Polyploidien bei Pflanzen haben meistens nur Vorteile, seltener Nachteile. Die polyploiden Pflanzen sind größer, widerstandsfähiger und genetisch variabler. Das kommt vor allem der Anpassung an verschiedene Selektionsfaktoren entgegen. Wenn man als Pflanze nicht nur zwei Allele eines bestimmten Gens hat, sondern vier oder sechs oder sogar acht, können schädliche Mutationen eines solchen Allels leichter durch die anderen drei, fünf oder sieben Allele kompensiert werden. Auch stehen zusätzliche Allele für "evolutionäre Experimente" zur Verfügung. Es können Eigenschaften entwickelt werden, die vielleicht später einmal den Nachkommen in einer veränderten Umwelt zugutekommen.

Aus all diesen Gründen hat sich eine gezielte Polyploidisierung auch in der Pflanzenzucht durchgesetzt. Mit Chemikalien wie Colchizin können sogar künstliche Polyploidien erzeugt werden.

Colchizin verhindert das Auseinanderziehen der Chromosomen während der Anaphase der Mitose. Die Chromosomen bleiben in einer Zelle, die dann den doppelten Chromosomensatz hat.

Genommutationen und sympatrische Artbildung

Bei der sympatrischen Artbildung spielen Genommutationen, vor allem Polyploidien, eine wichtige Rolle.
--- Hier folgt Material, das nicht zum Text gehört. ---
-- ===== src/Tests/IndexFile.antt =====
-- An index of two words, in the memory of a little-endian machine.
use swishxx.Common.{
  ◌^◌, ℕ, zero, suc, ◌<◌, ◌≡◌, refl, true, map, arith, List, [], ◌∷◌, some, codes, All, get_elem?,
}
use swishxx.Tests.Machine.{le_bytes, garbage, little_endian, linear}
use swishxx.Posting.{File}
use swishxx.Filter.{rfind}
use swishxx.Stem.{list_eq}
use swishxx.Merge.Strings.{str_less}
use swishxx.FileInfo.{read_info}
use swishxx.IndexFile.{isi_word, isi_stop_word, isi_dir, isi_file, isi_meta_name, read_segment}
use swishxx.IndexFile.Read.{read_word, read_text, read_meta_name}
use swishxx.IndexFile.Load.{Loaded, load_old_index, check_add_directory, lookup, store}
use swishxx.IndexFile.Numbers.{AreUnlike, check_add_directory-IsDirSet}
use swishxx.IndexFile.Reload.{IsReloadable, load_old_index-write_full_index}
use swishxx.IndexFile.Lookup.{entries_of}
use swishxx.IndexFile.Mapped.{mapped_index, contents_index, mapped_index-write_full_index}
use swishxx.IndexFile.Partial.{read_segment-write_partial_index}
use swishxx.IndexFile.Write.{Contents, write_full_index, write_partial_index}
use swishxx.Posting.{
  IsFile, write_entry, write_files, write_file, write_meta_ids, write_word_pos, write_shorts,
}
use swishxx.Vlq.{encode, encode_loop, clear_last}
use swishxx.FileInfo.{write_info, write_file_index}
use swishxx.FileInfo.RoundTrip.{IsInfo}
use swishxx.IndexFile.Layout.{longs}
use swishxx.IndexFile.Codecs.{IsWordEntry}
use swishxx.IndexFile.Write.{
  write_header, write_part, write_part_if, my_write, write_word_index, write_stop_word_index,
  write_dir_index, write_infos, write_meta_name_index, write_entries, nulls, fill_dirs, set_at,
  write_meta_name, rewrite_header, rewrite_part,
}
use swishxx.IndexFile.Dirs.{has_number, IsDirSet}
use swishxx.IndexFile.Whole.{IsContents}
use swishxx.IndexFile.RoundTrip.{size_of, read_segment-write_full_index}

abbrev posting : File
posting = record { index = 1; occurrences = 300; rank = 5; meta_ids = 2 ∷ []; pos_deltas = 3 ∷ [] }

abbrev words : List (List ℕ × List File)
words = (codes "ant", posting ∷ []) ∷ (codes "bee", posting ∷ posting ∷ []) ∷ []

abbrev names : List (List ℕ)
names = codes "." ∷ codes "doc" ∷ codes "a" ∷ []

abbrev contents : Contents
contents = record {
  words = words;
  stop_words = codes "of" ∷ codes "the" ∷ [];
  dir_set = (codes ".", 0) ∷ (codes "a", 2) ∷ (codes "doc", 1) ∷ [];
  infos =
      record {
        dir_index = 1;
        file_name = codes "f";
        file_size = 70000;
        num_words = 9;
        title = codes "T";
      }
      ∷ [];
  meta_names = (codes "author", 1) ∷ (codes "title", 0) ∷ [];
}

dirs-IsDirSet : IsDirSet contents.dir_set names
dirs-IsDirSet = record {
  all_counted = refl;
  all_named = (refl, (refl, (refl, tt)));
  all_there = there;
}
  where
    there : (i : ℕ) → i < 3 → has_number i contents.dir_set ≡ true
    there zero h = refl
    there (suc zero) h = refl
    there (suc (suc zero)) h = refl
    there (suc (suc (suc i))) h = absurd (omega arith)

posting-IsFile : IsFile posting
posting-IsFile = record {
  index_fits = omega arith;
  occurrences_fits = omega arith;
  rank_fits = omega arith;
  meta_ids_fit = (omega arith, tt);
  meta_ids_differ = (refl, tt);
  pos_deltas_fit = (omega arith, tt);
}

infos_fit : All IsInfo contents.infos
infos_fit = (
  record {
    dir_fits = omega arith;
    size_fits = omega arith;
    words_fit = omega arith;
    name_is = (refl, tt);
    title_is = (refl, tt);
  },
  tt,
)

words_are : All IsWordEntry words
words_are = (
  ((refl, (refl, (refl, tt))), (posting-IsFile, tt)),
  (((refl, (refl, (refl, tt))), (posting-IsFile, (posting-IsFile, tt))), tt),
)

contents-IsContents : IsContents contents names
contents-IsContents = record {
  words_there = refl;
  words_are = words_are;
  stop_words_are = ((refl, (refl, tt)), ((refl, (refl, (refl, tt))), tt));
  dirs_are = dirs-IsDirSet;
  names_are = ((refl, tt), ((refl, (refl, (refl, tt))), ((refl, tt), tt)));
  infos_are = infos_fit;
  meta_names_are = (
    ((refl, (refl, (refl, (refl, (refl, (refl, tt)))))), omega arith),
    (((refl, (refl, (refl, (refl, (refl, tt))))), omega arith), tt),
  );
}

index_size : size_of (write_full_index little_endian contents) ≡ 200
unfolding write_full_index write_header write_part write_part_if my_write longs write_word_index
    write_stop_word_index write_dir_index write_infos write_meta_name_index write_entries
    write_entry write_files write_file write_meta_ids write_word_pos write_shorts encode encode_loop
    clear_last nulls fill_dirs set_at write_file_index write_info write_meta_name rewrite_header
    rewrite_part le_bytes garbage little_endian
index_size = refl

read_segment-write_full_index_example :
    (bs : List ℕ) × (write_full_index little_endian contents ≡ some bs)
    × (read_segment little_endian read_word bs isi_word ≡ some words)
    × (read_segment little_endian read_text bs isi_stop_word ≡ some contents.stop_words)
    × (read_segment little_endian read_text bs isi_dir ≡ some names)
    × (read_segment little_endian read_info bs isi_file ≡ some contents.infos)
    × (read_segment little_endian read_meta_name bs isi_meta_name ≡ some contents.meta_names)
read_segment-write_full_index_example =
    read_segment-write_full_index little_endian contents names contents-IsContents
      (omega (arith, index_size))

names_unlike : AreUnlike names
names_unlike zero zero name h k = refl
names_unlike zero (suc zero) name h k = cc (h, k)
names_unlike zero (suc (suc zero)) name h k = cc (h, k)
names_unlike zero (suc (suc (suc j))) name h k = cc k
names_unlike (suc zero) zero name h k = cc (h, k)
names_unlike (suc zero) (suc zero) name h k = refl
names_unlike (suc zero) (suc (suc zero)) name h k = cc (h, k)
names_unlike (suc zero) (suc (suc (suc j))) name h k = cc k
names_unlike (suc (suc zero)) zero name h k = cc (h, k)
names_unlike (suc (suc zero)) (suc zero) name h k = cc (h, k)
names_unlike (suc (suc zero)) (suc (suc zero)) name h k = refl
names_unlike (suc (suc zero)) (suc (suc (suc j))) name h k = cc k
names_unlike (suc (suc (suc i))) j name h k = cc h

contents-IsReloadable : IsReloadable contents names
unfolding str_less rfind
contents-IsReloadable = record {
  stop_words_ascend = ((refl, tt), (tt, tt));
  meta_names_ascend = ((refl, tt), (tt, tt));
  names_unlike = names_unlike;
  names_few = omega arith;
  dirs_there = (omega arith, tt);
  names_flat = (refl, tt);
}

load_old_index-write_full_index_example :
    (bs : List ℕ) × (loaded : Loaded) × (write_full_index little_endian contents ≡ some bs)
    × (load_old_index little_endian bs ≡ some loaded)
    × (loaded.stop_words ≡ contents.stop_words)
    × (IsDirSet loaded.dir_set names)
    × (loaded.infos ≡ contents.infos)
    × (loaded.meta_names ≡ contents.meta_names)
load_old_index-write_full_index_example =
    load_old_index-write_full_index little_endian contents names contents-IsContents
      contents-IsReloadable (omega (arith, index_size))

partial_size : size_of (write_partial_index little_endian words) ≡ 65
unfolding write_partial_index write_part my_write longs write_word_index write_entries write_entry
    write_files write_file write_meta_ids write_word_pos write_shorts encode encode_loop clear_last
    rewrite_part le_bytes garbage little_endian
partial_size = refl

read_segment-write_partial_index_example :
    (bs : List ℕ) × (write_partial_index little_endian words ≡ some bs)
    × (read_segment little_endian read_word bs isi_word ≡ some words)
read_segment-write_partial_index_example =
    read_segment-write_partial_index little_endian words words_are (omega (arith, partial_size))

check_add_directory-IsDirSet_example :
    (names' : List (List ℕ)) × (IsDirSet
      (check_add_directory (codes "b") contents.dir_set).1
      names')
    × (get_elem? names' (check_add_directory (codes "b") contents.dir_set).0 ≡ some (codes "b"))
    × ((check_add_directory (codes "b") contents.dir_set).0 < 2 ^ 31)
    × ((i : ℕ) (name : List ℕ) → get_elem? names i ≡ some name → get_elem? names' i ≡ some name)
check_add_directory-IsDirSet_example =
    check_add_directory-IsDirSet (codes "b") contents.dir_set names dirs-IsDirSet (omega arith)

-- A new directory stands in its place in the map, under the next number.
add_b :
    check_add_directory (codes "b") contents.dir_set
    ≡ (3, (codes ".", 0) ∷ (codes "a", 2) ∷ (codes "b", 3) ∷ (codes "doc", 1) ∷ [])
unfolding check_add_directory lookup store str_less list_eq
add_b = refl

ascend : str_less (codes "ant") (codes "bee") ≡ true
unfolding str_less
ascend = refl

mapped_index-write_full_index_example :
    (bs : List ℕ) × (write_full_index little_endian contents ≡ some bs)
    × (mapped_index little_endian linear 100 50 bs ≡ contents_index 100 50 contents)
mapped_index-write_full_index_example =
    mapped_index-write_full_index little_endian linear contents names 100 50 contents-IsContents
      ((ascend, tt), (tt, tt)) contents-IsReloadable.stop_words_ascend
      contents-IsReloadable.meta_names_ascend (omega (arith, index_size))

-- The word is found with both of its files, another one is not.
find_bee : map (λ e. e.1) (entries_of (λ v. v) (codes "bee") words) ≡ (posting ∷ posting ∷ []) ∷ []
unfolding entries_of list_eq
find_bee = refl

find_cat : map (λ e. e.1) (entries_of (λ v. v) (codes "cat") words) ≡ []
unfolding entries_of list_eq
find_cat = refl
Wenn in einer diploiden Tier- oder Pflanzenart plötzlich Individuen mit drei- oder vierfachem Chromosomensatz entstehen, so können sich diese Individuen nicht mehr fruchtbar mit nicht-mutierten Artgenossen fortpflanzen, wohl aber untereinander. Über Nacht sind sozusagen zwei verschiedene Arten entstanden, zwischen denen eine reproduktive Barriere besteht.

Quellen, die über allgemeines Schulbuchwissen hinaus gehen:

  1. Jochen Graw: Genetik, 7. Auflage, Springer Spektrum, Berlin 2021.
  2. Alfred Nordheim, Rolf Knippers: Molekulare Genetik, 11. Auflage, Thieme-Verlag Stuttgart 2018.
  3. Rolf Knippers: Eine kurze Geschichte der Genetik, 2. Auflage, Springer-Verlag 2017.